Oh and there is only one way to prove a dog.But that is a whole other conversation


----------



## dixieland (Aug 14, 2009)

And yes you asked a question.It was not your question that I had a problem with.It was how you answered people when you were not happy with what they said.Niceness goes a long way with me.Bitchiness does not


----------



## Odin`s_BlueDragon (Mar 11, 2012)

LovingPit said:


> Well Regardless what you think, I know what I am looking at.


Bwahahaha then please, tell us what r u looking at?


----------



## LovingPit (Mar 31, 2012)

It was how people responded that caused me to be bitchy. Its a two way street. I only asked a question. Also I have searched and looked and read and searched. My questions where not being answered so I thought I'd try. I see how wrong that was. :/


----------



## LovingPit (Mar 31, 2012)

Odin's_BlueDragon said:


> Bwahahaha then please, tell us what r u looking at?


BwaHAHAHAHA my butt. Please. Tell me.

I have a APBT. Regardless of knowing his bloodline or not. You can disagree all day long but I know what I have. upruns:


----------



## ::::COACH:::: (Apr 4, 2012)

I have seen the other pictures of Jud, and in my personal opinion he does not look purebred at all. The way he is stacked in this picture make him look more pit bull like than he actually does in regular pictures. That is just my 2 cents. 
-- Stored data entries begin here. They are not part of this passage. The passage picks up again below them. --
-- ===== src/Topology/Ports/Choice.antt =====
-- What `pickSwitchPort` and `firstUnusedPort` choose.
use microservice_log_parser.Prelude.{
  List, [], ◌∷◌, ◌≡◌, refl, ◌⊎◌, inl, inr, true, false, Option, none, some, All, Among, Bool-cases,
}
use microservice_log_parser.Prelude.Eq.{contains}
use microservice_log_parser.Prelude.Int.{ℤ, int_eq}
use microservice_log_parser.Topology.Model.{Port}
use microservice_log_parser.Topology.Ports.{
  same_link_characteristics, pick_same_link, first_unused_port, pick_switch_port,
}

-- A free port of the list, or none is free.
abbrev pub FirstUnused : List Port → List ℤ → Option Port → Type 0
FirstUnused ports used none = All (λ p. contains used p.id ≡ true) ports
FirstUnused ports used (some p) = Among p ports × (contains used p.id ≡ false)

abbrev SameLink : Port → List Port → List ℤ → Option Port → Type 0
SameLink h ports used none =
    All (λ q. (contains used q.id ≡ true) ⊎ (same_link_characteristics h q ≡ false)) ports
SameLink h ports used (some p) =
    Among p ports × (contains used p.id ≡ false) × (same_link_characteristics h p ≡ true)

abbrev pub Picks : Port → List Port → List ℤ → Option Port → Type 0
Picks h ports used none = All (λ p. contains used p.id ≡ true) ports
Picks h ports used (some p) =
    Among p ports
    × (contains used p.id ≡ false)
    × ((same_link_characteristics h p ≡ true)
        ⊎ All (λ q. (contains used q.id ≡ true) ⊎ (same_link_characteristics h q ≡ false)) ports)

FirstUnused-cons :
    (x : Port) (ports : List Port) (used : List ℤ) (o : Option Port)
    → contains used x.id ≡ true
    → FirstUnused ports used o
    → FirstUnused (x ∷ ports) used o
FirstUnused-cons x ports used none u h = (u, h)
FirstUnused-cons x ports used (some p) u h = (inr h.0, h.1)

pub first_unused_port-FirstUnused :
    (ports : List Port) (used : List ℤ) → FirstUnused ports used (first_unused_port ports used)
unfolding first_unused_port
first_unused_port-FirstUnused [] used = tt
first_unused_port-FirstUnused (x ∷ ports) used = elim (Bool-cases (contains used x.id)) [
  | inl u ↦ rw u (FirstUnused-cons x ports used _ u (first_unused_port-FirstUnused ports used))
  | inr f ↦ rw f (inl refl, f)
]

SameLink-cons :
    (h x : Port) (ports : List Port) (used : List ℤ) (o : Option Port)
    → (contains used x.id ≡ true) ⊎ (same_link_characteristics h x ≡ false)
    → SameLink h ports used o
    → SameLink h (x ∷ ports) used o
SameLink-cons h x ports used none u s = (u, s)
SameLink-cons h x ports used (some p) u s = (inr s.0, s.1, s.2)

pick_same_link-SameLink :
    (h : Port) (ports : List Port) (used : List ℤ)
    → SameLink h ports used (pick_same_link h ports used)
unfolding pick_same_link
pick_same_link-SameLink h [] used = tt
pick_same_link-SameLink h (x ∷ ports) used = elim (Bool-cases (contains used x.id)) [
  | inl u ↦ rw u (SameLink-cons h x ports used _ (inl u) (pick_same_link-SameLink h ports used))
  | inr f ↦ elim (Bool-cases (same_link_characteristics h x)) [
    | inl s ↦ rw (f, s) (inl refl, f, s)
    | inr n ↦
        rw (f, n) (SameLink-cons h x ports used _ (inr n) (pick_same_link-SameLink h ports used))
  ]
]

Picks-fallback :
    (h : Port) (ports : List Port) (used : List ℤ) (o : Option Port)
    → SameLink h ports used none
    → FirstUnused ports used o
    → Picks h ports used o
Picks-fallback h ports used none s f = f
Picks-fallback h ports used (some p) s f = (f.0, f.1, inr s)

-- `pickSwitchPort` finds nothing exactly if every port is used. Otherwise it returns a free port of
-- the list, and one whose link does not match the host port's only if no free port's does.
pub pick_switch_port-Picks :
    (h : Port) (ports : List Port) (used : List ℤ)
    → Picks h ports used (pick_switch_port h ports used)
unfolding pick_switch_port
pick_switch_port-Picks h ports used =
    by_first (pick_same_link h ports used) (pick_same_link-SameLink h ports used)
  where
    by_first :
        (o : Option Port)
        → SameLink h ports used o
        → Picks h ports used (elim o [ some p ↦ some p | none ↦ first_unused_port ports used ])
    by_first none s = Picks-fallback h ports used _ s (first_unused_port-FirstUnused ports used)
    by_first (some p) s = (s.0, s.1, inl s.2)
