-- ===== src/Topology/Edges/Steps.antt =====
-- The steps of the loops of `buildEdges`, traced.
use mathlib.Core.List.{append-nil}
use microservice_log_parser.Prelude.{
  List, [], ◌∷◌, ◌≡◌, refl, sym, true, false, Option, none, some, arith, All, All-Among, All-map,
}
use microservice_log_parser.Prelude.Eq.{contains, ==_refl}
use microservice_log_parser.Prelude.Int.{ℤ, int_eq}
use microservice_log_parser.Prelude.Text.{text_eq}
use microservice_log_parser.Prelude.Assoc.{Assoc, lookup_or}
use microservice_log_parser.Topology.Model.{Node, Port}
use microservice_log_parser.Topology.Ports.Choice.{
  FirstUnused, first_unused_port-FirstUnused, Picks, pick_switch_port-Picks,
}
use microservice_log_parser.Topology.Edges.{
  EdgeState, zero_node, host_edge, connect_host, connect_hosts, connect_target, connect_source,
  connect_pair, connect_from, connect_switches,
}
use microservice_log_parser.Topology.Edges.Trace.{
  Link, host_link, backbone_link, Keeps, Traced, Traced-refl, Traced-trans,
}

Keeps-cons : (used : List ℤ) (i : ℤ) → Keeps used (i ∷ used)
unfolding contains
Keeps-cons used i j h = ground arith

contains_self : (used : List ℤ) (i : ℤ) → contains (i ∷ used) i ≡ true
unfolding contains
contains_self used i = rw (==_refl i)

module _ {P : Link → Type 0} where
  host_step :
      (m : Assoc ℤ Node) (h s : Port) (st : EdgeState)
      → contains st.used s.id ≡ false
      → P (host_link (lookup_or zero_node h.node_id m) h (lookup_or zero_node s.node_id m) s)
      → Traced P st (connect_host m h (some s) st)
  unfolding connect_host host_edge contains
  host_step m h s st free ok = record {
    links = host_link (lookup_or zero_node h.node_id m) h (lookup_or zero_node s.node_id m) s ∷ [];
    made = refl;
    once = (refl, tt);
    free_before = (free, tt);
    used_after = (contains_self st.used s.id, tt);
    keeps = Keeps-cons st.used s.id;
    sound = (ok, tt);
  }

  -- The loop over the host ports, for ports of which every pair may be joined.
  pub connect_hosts-Traced :
      (m : Assoc ℤ Node) (ss hs : List Port) (st : EdgeState)
      → All
          (λ h.
            All
              (λ s.
                P (
                  host_link
                    (lookup_or zero_node h.node_id m)
                    h
                    (lookup_or zero_node s.node_id m)
                    s))
              ss)
          hs
      → Traced P st (connect_hosts m ss hs st)
  unfolding connect_hosts
  connect_hosts-Traced m ss [] st ok = Traced-refl st
  connect_hosts-Traced m ss (h ∷ hs) st ok =
      Traced-trans (step _ (pick_switch_port-Picks h ss st.used))
        (connect_hosts-Traced m ss hs _ ok.1)
    where
      step : (o : Option Port) → Picks h ss st.used o → Traced P st (connect_host m h o st)
      step none p = unfold connect_host in Traced-refl st
      step (some s) p = host_step m h s st p.1 (
          All-Among
            (λ s.
              P (host_link (lookup_or zero_node h.node_id m) h (lookup_or zero_node s.node_id m) s))
            ss ok.0 p.0)

  target_step :
      (a : Node) (p : Port) (b : Node) (st : EdgeState) (qs : List Port)
      → contains st.used p.id ≡ false
      → All (λ q. P (backbone_link a p b q)) qs
      → (o : Option Port) → FirstUnused qs (p.id ∷ st.used) o
      → Traced P st (connect_target a p b o (record st { used = p.id ∷ st.used }))
  unfolding connect_target contains
  target_step a p b st qs free ok none f = record {
    links = [];
    made = sym (append-nil st.edges);
    once = tt;
    free_before = tt;
    used_after = tt;
    keeps = Keeps-cons st.used p.id;
    sound = tt;
  }
  target_step a p b st qs free ok (some q) f = record {
    links = backbone_link a p b q ∷ [];
    made = refl;
    once = (ground (arith, f.1, int_eq.means p.id q.id, int_eq.means q.id p.id), (refl, tt));
    free_before = (free, (ground (arith, f.1), tt));
    used_after =
        (ground (arith, contains_self st.used p.id), (contains_self (p.id ∷ st.used) q.id, tt));
    keeps = λ i h. Keeps-cons (p.id ∷ st.used) q.id i (Keeps-cons st.used p.id i h);
    sound = (All-Among (λ q. P (backbone_link a p b q)) qs ok f.0, tt);
  }

  source_step :
      (a b : Node) (ps qs : List Port) (st : EdgeState)
      → All (λ p. All (λ q. P (backbone_link a p b q)) qs) ps
      → (o : Option Port) → FirstUnused ps st.used o
      → Traced P st (connect_source a o b qs st)
  unfolding connect_source
  source_step a b ps qs st ok none f = Traced-refl st
  source_step a b ps qs st ok (some p) f =
      target_step a p b st qs f.1
        (All-Among (λ p. All (λ q. P (backbone_link a p b q)) qs) ps ok f.0) _
        (first_unused_port-FirstUnused qs (p.id ∷ st.used))

abbrev pub HasPorts : (Node → Port → Type 0) → Assoc ℤ (List Port) → Node → Type 0
HasPorts Q m a = All (Q a) (lookup_or [] a.id m)

-- The loop over the switches, where each port filed under a switch may be joined.
module _ {P : Link → Type 0} (Q : Node → Port → Type 0)
    (join : (a : Node) (p : Port) (b : Node) (q : Port) → Q a p → Q b q → P (backbone_link a p b q))
    (m : Assoc ℤ (List Port)) where
  pair_step :
      (a b : Node) (st : EdgeState)
      → HasPorts Q m a
      → HasPorts Q m b
      → Traced P st (connect_pair m a b st)
  unfolding connect_pair
  pair_step a b st ha hb =
      source_step a b (lookup_or [] a.id m) (lookup_or [] b.id m) st
        (All-map (λ p hp. All-map (λ q hq. join a p b q hp hq) (lookup_or [] b.id m) hb)
          (lookup_or [] a.id m) ha)
        _ (first_unused_port-FirstUnused (lookup_or [] a.id m) st.used)

  connect_from-Traced :
      (a : Node) (ns : List Node) (st : EdgeState)
      → HasPorts Q m a
      → All (HasPorts Q m) ns
      → Traced P st (connect_from m a ns st)
  unfolding connect_from
  connect_from-Traced a [] st ha hs = Traced-refl st
  connect_from-Traced a (b ∷ ns) st ha hs =
      Traced-trans (pair_step a b st ha hs.0)
        (connect_from-Traced b ns (connect_pair m a b st) hs.0 hs.1)

  pub connect_switches-Traced :
      (ns : List Node) (st : EdgeState)
      → All (HasPorts Q m) ns
      → Traced P st (connect_switches m ns st)
  unfolding connect_switches
  connect_switches-Traced [] st hs = Traced-refl st
  connect_switches-Traced (a ∷ ns) st hs = connect_from-Traced a ns st hs.0 hs.1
I think he is an absolutely adorable pup though!  if you ever own a papered dog you will maybe understand why it is so frustrating when people like you come on here saying that they "don't buy into the whole pedigree" stuff. 
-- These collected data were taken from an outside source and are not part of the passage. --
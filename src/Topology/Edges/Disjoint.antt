-- ===== src/Topology/Edges/Disjoint.antt =====
-- No switch port stands in two edges, and every edge joins ports that may be joined.
use microservice_log_parser.Prelude.{List, [], ◌∷◌, ◌≡◌, sym, true, All, Among, All-map, All-weaken}
use microservice_log_parser.Prelude.Eq.{Distinct}
use microservice_log_parser.Prelude.Int.{int_eq}
use microservice_log_parser.Prelude.Text.{Text, text_eq}
use microservice_log_parser.Prelude.Assoc.{lookup_or, All-lookup, All-lookup_or, lookup_or-some}
use microservice_log_parser.Prelude.Sort.{sort_by, All-sort_by}
use microservice_log_parser.Topology.Model.{Node, Port}
use microservice_log_parser.Topology.Kinds.{host, switch, normalize_kind}
use microservice_log_parser.Topology.Ports.{
  is_active_port, active_ports_for_kinds, sort_ports, group_ports_by_node_id,
}
use microservice_log_parser.Topology.Ports.Grouping.{
  IsUsable, active_ports-IsUsable, All-sort_ports, group_ports_by_node_id-All,
}
use microservice_log_parser.Topology.Edges.{
  NodeMaps, no_edges, no_nodes, zero_node, node_less, index_nodes, edges_from, build_edges,
}
use microservice_log_parser.Topology.Edges.Index.{index_nodes-IsIndex}
use microservice_log_parser.Topology.Edges.Steps.{connect_hosts-Traced, connect_switches-Traced}
use microservice_log_parser.Topology.Edges.Trace.{
  Link, host_link, backbone_link, edges_of, switch_port_ids, Traced, Traced-trans,
}

-- An active port of the list, on a node of the list that has the given kind.
pub record IsAttached (kind : Text) (nodes : List Node) (ports : List Port) (n : Node) (p : Port)
    : Type 0 where
  pub of_nodes : Among n nodes
  pub of_kind : normalize_kind n.node_kind ≡ kind
  pub of_ports : Among p ports
  pub active : is_active_port p ≡ true
  pub own : p.node_id ≡ n.id

-- A host edge joins a host to a switch, a backbone edge joins two switches.
abbrev pub IsJoined : List Node → List Port → Link → Type 0
IsJoined nodes ports (host_link a p b q) =
    IsAttached host nodes ports a p × IsAttached switch nodes ports b q
IsJoined nodes ports (backbone_link a p b q) =
    IsAttached switch nodes ports a p × IsAttached switch nodes ports b q

module _ (nodes : List Node) (ports : List Port) where
  maps : NodeMaps
  maps = index_nodes nodes no_nodes

  -- The node that the map holds for a usable port.
  usable-IsAttached :
      (kind : Text) (p : Port)
      → Among p ports
      → IsUsable kind maps.nodes_by_id p
      → IsAttached kind nodes ports (lookup_or zero_node p.node_id maps.nodes_by_id) p
  unfolding maps
  usable-IsAttached kind p m u =
      let e = All-lookup _ p.node_id u.node _ (index_nodes-IsIndex nodes).by_id u.known in
      rw (lookup_or-some zero_node u.node p.node_id maps.nodes_by_id u.known) (record {
        of_nodes = e.1;
        of_kind = u.kind_of;
        of_ports = m;
        active = u.active;
        own = sym e.0;
      })

  abbrev UsableAmong : Text → Port → Type 0
  UsableAmong kind p = Among p ports × IsUsable kind maps.nodes_by_id p

  usable_ports :
      (kind : Text)
      → All
          (UsableAmong kind)
          (sort_ports (active_ports_for_kinds ports maps.nodes_by_id (kind ∷ [])))
  usable_ports kind =
      All-sort_ports _ _
        (active_ports-IsUsable kind maps.nodes_by_id _ ports (All-weaken ports (λ p m. m)))

  -- A switch of the map, and one of the ports that are filed under it.
  abbrev SwitchPort : Node → Port → Type 0
  SwitchPort a p = IsAttached switch nodes ports a p

  switches_attached :
      All
        (λ a. All (SwitchPort a) (
          lookup_or [] a.id (
            group_ports_by_node_id
              (sort_ports (active_ports_for_kinds ports maps.nodes_by_id (switch ∷ []))))))
        (sort_by node_less (lookup_or [] switch maps.nodes_by_kind))
  unfolding maps
  switches_attached =
      All-map
        (λ a ha.
          All-map
            (λ p hp. record {
              of_nodes = ha.1;
              of_kind = ha.0;
              of_ports = hp.0.0;
              active = hp.0.1.active;
              own = hp.1;
            })
            _ (group_ports_by_node_id-All _ _ a.id (usable_ports switch)))
        _
        (All-sort_by node_less _ _ (
          All-lookup_or (λ e. All (λ n. (normalize_kind n.node_kind ≡ e.0) × Among n nodes) e.1) []
            switch _ (index_nodes-IsIndex nodes).by_kind tt))

  edges-Traced : Traced (IsJoined nodes ports) no_edges (
      edges_from maps
        (sort_ports (active_ports_for_kinds ports maps.nodes_by_id (host ∷ [])))
        (sort_ports (active_ports_for_kinds ports maps.nodes_by_id (switch ∷ []))))
  unfolding edges_from
  edges-Traced =
      Traced-trans
        (connect_hosts-Traced _ _ _ no_edges (
          All-map
            (λ h hh.
              All-map
                (λ s hs. (usable-IsAttached host h hh.0 hh.1, usable-IsAttached switch s hs.0 hs.1))
                _ (usable_ports switch))
            _ (usable_ports host)))
        (connect_switches-Traced SwitchPort (λ a p b q hp hq. (hp, hq)) _ _ _ switches_attached)

  -- The edges are made of links. No switch port, told by its id, is used twice, by one link or by
  -- two, and each link joins a host to a switch or two switches, by active ports of the input that
  -- are the nodes' own.
  pub build_edges_disjoint :
      (links : List Link) × (build_edges nodes ports ≡ edges_of links)
      × Distinct (switch_port_ids links)
      × All (IsJoined nodes ports) links
  unfolding build_edges maps
  build_edges_disjoint =
      (edges-Traced.links, edges-Traced.made, edges-Traced.once, edges-Traced.sound)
Here is yet another example of what everyone has been trying to say: I have a friend that is half italian half spanish. Yet people always say that he looks American Indian!! Just because someone looks like they are American Indian, it does not make him one!! 
So...your dog could be a jack russell/American bulldog but everyone, including you say "pit bull"....does that make him one? No! 

Hope this helps you understand. If you want a more lean build of dog, you are wanting probably the ADBA style.


----------



## motocross308 (Oct 5, 2010)

looks like 10000$ bloodline .. maybe mixed with some purple nose


----------



## LovingPit (Mar 31, 2012)

Thank you for your input, but I highly doubt that. ^^;

It is also just as frustrating to have people tell you that you need a pedigree when they are only as good as the person writing the information down. I don't trust them. Never will. You can believe what you want but the KC was the worst thing that happened to any breed of dog. It has made people believe that this is the only way and everyone else is wrong. 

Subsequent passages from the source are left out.